Urolithin A
- Names: Preferred IUPAC name 3,8-Dihydroxy-6H-dibenzo[b,d]pyran-6-one

Identifiers
- CAS Number: 1143-70-0;
- 3D model (JSmol): Interactive image;
- ChEMBL: ChEMBL1836264;
- ChemSpider: 4589709;
- DrugBank: DB15464;
- KEGG: C22595;
- PubChem CID: 5488186;
- UNII: ILJ8NEF6DT;
- CompTox Dashboard (EPA): DTXSID40150694 ;

Properties
- Chemical formula: C_{13}H_{8}O_{4}
- Molar mass: 228.203 g·mol^{−1}

= Urolithin A =

Chemical compound

Urolithin A is a metabolite compound resulting from the transformation of ellagitannins by the gut bacteria. It belongs to the class of organic compounds known as benzo-coumarins or dibenzo-α-pyrones. Its precursors – ellagic acids and ellagitannins – are ubiquitous in nature, including edible plants, such as pomegranates, strawberries, raspberries, walnuts, and others.

Urolithin A is not known to be found in any food source. Its bioavailability mostly depends on individual microbiota composition, as only some bacteria are able to convert ellagitannins into urolithins.

== Chemistry ==
Urolithin A belongs to the class of organic compounds known as benzo-coumarins or dibenzo-α-pyrones. These are polycyclic aromatic compounds containing a 1-benzopyran moiety with a ketone group at the C2 carbon atom (1-benzopyran-2-one).

== Biochemistry and metabolism ==

Pomegranate fruits, walnuts, and raspberries are sources of ellagitannins. Ellagitannins are hydrolyzed in the gut to release ellagic acid, which is further processed by the gut microflora into urolithins through the loss of one of its two lactones and by successive removal of hydroxyl groups.

While studies have shown that Gordonibacter urolithinfaciens and Gordonibacter pamelaeae play a role in the conversion of ellagic acids and ellagitannins into urolithin A, the microorganisms responsible for the complete transformation into the final urolithins are still unknown.
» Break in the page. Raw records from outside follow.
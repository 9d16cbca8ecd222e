-- ===== src/Battle/Tests.antt =====
-- Runs of a room of src/service/battle/sync/room.go, and its theorems at concrete rooms.
use mathlib.Core.List.{Perm}
use heli.Common.{
  ℤ, pos, ◌*◌, ◌+◌, ◌-◌, ◌<◌, ◌≤ℤ◌, List, [], ◌∷◌, none, true, false, ◌≡◌, ◌⊎◌, ◌↔◌, refl, inl, inr,
  arith, length, int_eq, eqb_ℤ, All, subst, go_laws, ℕ, ◌≢◌, ◌<◌,
}
use heli.Common.Table.{find}
use heli.Common.Sort.{IsSorted}
use heli.Battle.Types.{
  TowerState, Room, RoomConfig, RoomState, FinishReason, PlayerState, MinerState, MonsterState,
  MonsterStatus, MonsterWaveState, Delta, DeltaType, blank_delta,
}
use heli.Battle.Config.{normal_config}
use heli.Battle.Room.{new_room, can_build_on, next_tower_type}
use heli.Battle.Commands.{merge_tower, buy_miner, build_tower, place_tower}
use heli.Battle.Commands.Accepts.{CanBuild, CanMerge}
use heli.Battle.Commands.Granted.{
  run_command_refused, build_tower_granted_iff, merge_tower_granted_iff,
}
use heli.Battle.Commands.Keep.{build, reroll, merge, buy, run_command}
use heli.Battle.Commands.Grid.{GridAgrees}
use heli.Battle.Commands.Purse.{PursesOk, PurseOk, Charged, run_command-Charged}
use heli.Battle.Tick.{advance_to_tick, advance_monsters}
use heli.Battle.Production.{produce_rounds, rounds_fuel}
use heli.Battle.Spawning.{spawn_wave}
use heli.Battle.Tick.Miners.{produce_rounds_exact}
use heli.Battle.Tick.Loop.{advance_to_tick_stops, rounds}
use heli.Battle.Tick.Deadline.{OnTime, advance_to_tick_ends}
use heli.Battle.Tick.Base.{arrivals, advance_monsters_base}
use heli.Battle.Tick.Waves.{spawn_wave_timetable}
use heli.Battle.View.{build_settlement, ids}
use heli.Battle.Life.{Event, joins, starts, commands, advances, run, SameOutcome, run_closed}
use heli.Battle.Settle.{Reports, build_settlement_lem, player_ids}
use heli.Battle.Reach.{reachable-GridAgrees}
use heli.Battle.Proto.Wire.{WellFormed, deltas_to_proto_injective}

-- A configuration with one build and reroll price, one miner and the default waves.
abbrev test_config : RoomConfig
test_config = record {
  initial_gold = pos 100;
  initial_mana = pos 0;
  build_cost_gold = pos 10;
  reroll_cost_mana = pos 1;
  miner_cost_gold = pos 20;
  miner_produce_mana = pos 1;
  miner_produce_interval = pos 3;
  tower_max_level = pos 5;
  default_tower_deck = pos 101 ∷ [];
  random_tower_types = [];
  build_grids_by_player = [];
  base_hp = pos 3;
  monster_damage = pos 1;
  wave_timeout_tick = pos 600;
  monster_waves = none;
}

abbrev script : List Event
script =
    joins (pos 7) []
    ∷ starts
    ∷ commands (build (pos 7) "a" (pos 1))
    ∷ commands (build (pos 7) "b" (pos 2))
    ∷ commands (build (pos 7) "c" (pos 2))
    ∷ commands (merge (pos 7) "d" (pos 1) (pos 2))
    ∷ commands (buy (pos 7) "e")
    ∷ advances (pos 4)
    ∷ commands (reroll (pos 7) "f" (pos 1))
    ∷ []

abbrev seven : PlayerState
seven = record {
  player_id = pos 7;
  gold = pos 100;
  mana = pos 0;
  tower_deck = pos 101 ∷ [];
  miners = [];
}

-- The room of one player, running.
abbrev joined : Room
joined = record (new_room test_config) { state = RoomState.running; players = (pos 7, seven) ∷ [] }

joined-GridAgrees : GridAgrees joined
unfolding new_room find
joined-GridAgrees = record {
  agrees = record { stands = λ id t e. ground arith; occupied = λ g id e. ground arith };
  limit_pos = ground arith;
  limit_int32 = ground arith;
}

joined-PursesOk : PursesOk joined.players
unfolding new_room find
joined-PursesOk id p h = let same : seven ≡ p = ground arith in subst PurseOk same (ground arith)

reachable-GridAgrees_example : GridAgrees (run script (new_room test_config))
reachable-GridAgrees_example = reachable-GridAgrees test_config script (omega go_laws) (omega arith)

build_granted : (run_command (build (pos 7) "a" (pos 1)) joined).1.is_ok ≡ true
unfolding run_command build_tower place_tower find can_build_on next_tower_type new_room eqb_ℤ
build_granted = refl

run_command-Charged_example :
    Charged (build (pos 7) "a" (pos 1)) joined (run_command (build (pos 7) "a" (pos 1)) joined)
run_command-Charged_example =
    run_command-Charged (build (pos 7) "a" (pos 1)) joined
      (unfold new_room in
        (record {
          build_fair = ground arith;
          reroll_fair = ground arith;
          miner_fair = ground arith;
        }))
      joined-PursesOk build_granted

fresh-OnTime : OnTime (new_room test_config)
unfolding new_room normal_config
fresh-OnTime = record {
  start_nonneg = ground arith;
  start_past = ground arith;
  now_int64 = omega go_laws;
  timeout_pos = ground arith;
  in_time = inr (inl refl);
}

advance_to_tick_ends_example :
    (advance_to_tick (pos 600) (new_room test_config)).state ≡ RoomState.closed
advance_to_tick_ends_example =
    advance_to_tick_ends (pos 600) (new_room test_config) fresh-OnTime (omega go_laws)
      (unfold new_room in (omega go_laws))

advance_to_tick_stops_example :
    let s = advance_to_tick (pos 4) (new_room test_config) in
    ((s.server_tick ≡ pos 4) ⊎ ((s.state ≡ RoomState.closed) × (s.server_tick ≤ℤ pos 4)))
    × (k : ℕ) × (s ≡ rounds k (new_room test_config))
    × ((j : ℕ) → j < k → (rounds j (new_room test_config)).state ≢ RoomState.closed)
advance_to_tick_stops_example =
    advance_to_tick_stops (pos 4) (new_room test_config) (omega go_laws)
      (unfold new_room in (omega go_laws)) (unfold new_room in (omega go_laws))

abbrev over : Room
over = record joined { state = RoomState.closed; finish_reason = FinishReason.lose }

run_closed_example : SameOutcome over (run script over)
run_closed_example = run_closed script over refl

abbrev digger : MinerState
digger = record { miner_id = pos 1; owner_player_id = pos 7; next_produce_tick = pos 3 }

abbrev at_ten : Room
at_ten = record joined { server_tick = pos 10 }

produce_rounds_exact_example :
    let (q, n, ds) = produce_rounds (rounds_fuel at_ten digger) at_ten seven digger in
    (q ≡ record seven { mana = pos 3 })
    × (n ≡ record digger { next_produce_tick = pos 12 })
    × (length ds ≡ 3)
    × (10 < 12)
produce_rounds_exact_example =
    produce_rounds_exact at_ten seven digger 10 3 1 3 0 refl (unfold new_room in refl)
      (unfold new_room in refl) refl refl (omega arith) (omega arith) (omega arith)

abbrev runner : MonsterState
runner = record {
  monster_id = pos 1;
  wave_id = pos 1;
  monster_type = pos 101;
  route_id = pos 1;
  spawn_tick = pos 1;
  progress = pos 80;
  speed = pos 40;
  hp = pos 10;
  max_hp = pos 10;
  reward_gold = pos 5;
  path_length = pos 100;
  status = MonsterStatus.alive;
  finished_tick = pos 0;
}

-- One monster is about to arrive, and one is under way.
abbrev besieged : Room
besieged = record joined {
  base_hp = pos 3;
  monsters = (pos 1, runner) ∷ (pos 2, record runner { progress = pos 0 }) ∷ [];
}

advance_monsters_base_example :
    (advance_monsters besieged).base_hp ≡ pos (3 - 1 * arrivals besieged.monsters)
advance_monsters_base_example =
    advance_monsters_base besieged 3 1 refl (unfold new_room in refl) (omega arith) (omega arith)

abbrev first_wave : MonsterWaveState
first_wave = record {
  wave_id = pos 1;
  config = record {
    start_tick = pos 1;
    route_id = pos 1;
    monster_type = pos 101;
    monster_count = pos 5;
    spawn_gap_tick = pos 2;
    speed = pos 40;
    hp = pos 10;
    reward_gold = pos 5;
    path_length = pos 100;
  };
  spawned_count = pos 1;
  finished = false;
}

spawn_wave_timetable_example :
    let (w', r') = spawn_wave first_wave (record joined { server_tick = pos 6 }) in
    (w' ≡ record first_wave { spawned_count = pos 3 }) × (length r'.deltas + 1 ≡ 0 + 3)
unfolding new_room
spawn_wave_timetable_example =
    spawn_wave_timetable first_wave (record joined { server_tick = pos 6 }) 1 2 5 6 1 refl refl refl
      refl refl refl (omega arith) (omega arith) (omega arith) (omega arith)

build_settlement_lem_example :
    let s = build_settlement "room" joined in
    Perm (player_ids s.players) (ids joined.players)
    × IsSorted (λ id. id) (player_ids s.players)
    × All (Reports joined.players) s.players
    × ((s.win ≡ true) ↔ (joined.finish_reason ≡ FinishReason.win))
build_settlement_lem_example = build_settlement_lem "room" joined (refl, tt)

abbrev moved : Delta
moved = blank_delta DeltaType.resource_changed (pos 3)

moved-WellFormed : WellFormed moved
moved-WellFormed = record {
  tower_absent = λ e. refl;
  monster_absent = λ e. refl;
  monster_status = λ n. absurd (n refl);
  monster_named = refl;
}

deltas_to_proto_injective_example : moved ∷ [] ≡ moved ∷ []
deltas_to_proto_injective_example =
    deltas_to_proto_injective "room" (pos 3) (moved ∷ []) (moved ∷ []) (moved-WellFormed, tt)
      (moved-WellFormed, tt) refl

buy_unknown : (run_command (buy (pos 9) "z") joined).1.is_ok ≡ false
unfolding run_command buy_miner find new_room eqb_ℤ
buy_unknown = refl

run_command_refused_example : (run_command (buy (pos 9) "z") joined).0 ≡ joined
run_command_refused_example = run_command_refused (buy (pos 9) "z") joined buy_unknown

build_tower_granted_iff_example :
    ((build_tower (pos 7) "a" (pos 1) joined).1.is_ok ≡ true)
    ↔ ((p : PlayerState) × (type_id : ℤ) × CanBuild (pos 7) (pos 1) joined p type_id)
build_tower_granted_iff_example = build_tower_granted_iff (pos 7) "a" (pos 1) joined

merge_tower_granted_iff_example :
    ((merge_tower (pos 7) "d" (pos 1) (pos 2) (run script (new_room test_config))).1.is_ok ≡ true)
    ↔ ((p : PlayerState) × (m : TowerState) × (t : TowerState) × (type_id : ℤ) × CanMerge
          (pos 7)
          (pos 1)
          (pos 2)
          (run script (new_room test_config))
          p
          m
          t
          type_id)
merge_tower_granted_iff_example =
    merge_tower_granted_iff (pos 7) "d" (pos 1) (pos 2) (run script (new_room test_config))
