-- ===== src/Clock.antt =====
-- src/deps/xtime/time.go: the days and weeks of the game, which begin at an offset after midnight of a zone.
-- `LocalZoneOffset` and `OffSet`, which a program may set, are arguments.
pub mod Days
mod ClockTests
use heli.Common.{
  ℕ, suc, ◌+◌, ◌-◌, ◌%◌, ◌/◌, ℤ, pos, negsuc, ltb_ℤ, eqb_ℤ, add64, sub64, mul64, Bool, not, ◌==◌,
  if◌then◌else◌,
}

abbrev pub day_sec : ℕ
day_sec = 86400

-- 0 - n
abbrev pub negated : ℕ → ℤ
negated n = if n == 0 then pos 0 else negsuc (n - 1)

-- `a % n` and `a / n` of Go for a positive `n`: the quotient is cut towards 0.
abbrev pub rem : ℤ → ℕ → ℤ
rem (pos a) n = pos (a % n)
rem (negsuc a) n = negated (suc a % n)

abbrev pub quot : ℤ → ℕ → ℤ
quot (pos a) n = pos (a / n)
quot (negsuc a) n = negated (suc a / n)

unfoldable pub get_day_zero_unix_with_zone : ℤ → ℤ → ℤ
get_day_zero_unix_with_zone ts zone_offset =
    let shifted = add64 ts zone_offset in
    let r = rem shifted day_sec in
    let r' = if ltb_ℤ r (pos 0) then add64 r (pos day_sec) else r in
    sub64 (sub64 shifted r') zone_offset

unfoldable pub get_day_zero_unix_with_zone_and_offset : ℤ → ℤ → ℤ → ℤ
unfolding get_day_zero_unix_with_zone
get_day_zero_unix_with_zone_and_offset ts zone_offset offset =
    add64 (get_day_zero_unix_with_zone (sub64 ts offset) zone_offset) offset

-- `time.Unix(ts, 0).UTC().Weekday()`: 1970-01-01 was a Thursday, and a Sunday is 0.
abbrev pub weekday : ℤ → ℕ
weekday (pos n) = (n / day_sec + 4) % 7
weekday (negsuc n) = (6 - n / day_sec % 7 + 4) % 7

unfoldable pub get_week_zero_unix_with_zone_and_offset : ℤ → ℤ → ℤ → ℤ
unfolding get_day_zero_unix_with_zone_and_offset
get_week_zero_unix_with_zone_and_offset ts zone_offset offset =
    let day_zero = get_day_zero_unix_with_zone_and_offset ts zone_offset offset in
    let shift = sub64 (add64 ts zone_offset) offset in
    let nd = (weekday shift + 6) % 7 in sub64 day_zero (mul64 (pos nd) (pos day_sec))

unfoldable pub check_daily_fresh_with_offset : ℤ → ℤ → ℤ → ℤ → Bool
unfolding get_day_zero_unix_with_zone_and_offset
check_daily_fresh_with_offset zone_offset last_sec now_sec offset = not (
    eqb_ℤ (get_day_zero_unix_with_zone_and_offset now_sec zone_offset offset)
      (get_day_zero_unix_with_zone_and_offset last_sec zone_offset offset))

unfoldable pub check_daily_fresh : ℤ → ℤ → ℤ → ℤ → Bool
unfolding get_day_zero_unix_with_zone_and_offset
check_daily_fresh zone_offset off_set last_sec now_sec = not (
    eqb_ℤ (get_day_zero_unix_with_zone_and_offset now_sec zone_offset off_set)
      (get_day_zero_unix_with_zone_and_offset last_sec zone_offset off_set))

unfoldable pub check_weekly_fresh : ℤ → ℤ → ℤ → ℤ → Bool
unfolding get_week_zero_unix_with_zone_and_offset
check_weekly_fresh zone_offset off_set last_sec now_sec = not (
    eqb_ℤ (get_week_zero_unix_with_zone_and_offset now_sec zone_offset off_set)
      (get_week_zero_unix_with_zone_and_offset last_sec zone_offset off_set))

unfoldable pub check_weekly_fresh_with_offset : ℤ → ℤ → ℤ → ℤ → Bool
unfolding get_week_zero_unix_with_zone_and_offset
check_weekly_fresh_with_offset zone_offset last_sec now_sec offset = not (
    eqb_ℤ (get_week_zero_unix_with_zone_and_offset now_sec zone_offset offset)
      (get_week_zero_unix_with_zone_and_offset last_sec zone_offset offset))

-- `NextLocalDayZeroSec` with the time it reads as an argument: the seconds until the next refresh.
unfoldable pub next_local_day_zero_sec : ℤ → ℤ → ℤ → ℤ
unfolding get_day_zero_unix_with_zone_and_offset
next_local_day_zero_sec zone_offset off_set now =
    sub64 (pos day_sec) (sub64 now (get_day_zero_unix_with_zone_and_offset now zone_offset off_set))

unfoldable pub get_days_between : ℤ → ℤ → ℤ → ℤ
unfolding get_day_zero_unix_with_zone
get_days_between zone_offset ts₁ ts₂ =
    sub64 (quot (get_day_zero_unix_with_zone ts₂ zone_offset) day_sec)
      (quot (get_day_zero_unix_with_zone ts₁ zone_offset) day_sec)

unfoldable pub get_days_between_with_offset : ℤ → ℤ → ℤ → ℤ → ℤ
unfolding get_day_zero_unix_with_zone_and_offset
get_days_between_with_offset zone_offset off_set ts₁ ts₂ =
    sub64 (quot (get_day_zero_unix_with_zone_and_offset ts₂ zone_offset off_set) day_sec)
      (quot (get_day_zero_unix_with_zone_and_offset ts₁ zone_offset off_set) day_sec)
The efficiency of the conversion of ellagitannins into urolithin A significantly varies in humans, and some individuals do not show any conversion.

When synthesized and absorbed in the intestines, urolithin A enters the systemic circulation where it becomes available to tissues throughout the body where it is further subjected to additional chemical transformations (including glucuronidation, methylation, sulfation, or a combination of them) within the enterocytes and hepatocytes. Urolithin A and its derivatives - urolithin A glucuronide and urolithin A sulfate being most abundant - release into the circulation, before being excreted in the urine.

== Safety ==
In vivo studies did not determine any toxicity or specific adverse effects following dietary intake of urolithin A. Safety studies in elderly humans indicated urolithin A was well tolerated. In 2018, the US Food and Drug Administration listed urolithin A as a safe ingredient for food products having content in the range of 250 mg to one gram per serving.

== Research ==
In preliminary human studies, urolithin A appears to be well-tolerated with mild side effects.

== Dietary sources ==
Urolithin A is not known to be found in any food, but rather forms as the result of transformation of ellagic acids and ellagitannins by the gut microbiota in humans. Sources of ellagitannins are pomegranates, nuts, some berries (raspberries, strawberries, blackberries), tea, muscadine grapes, many tropical fruits, and oak-aged wines.

The conversion of the ellagic acids into urolithin A depends on individual microbiota composition, and can vary significantly.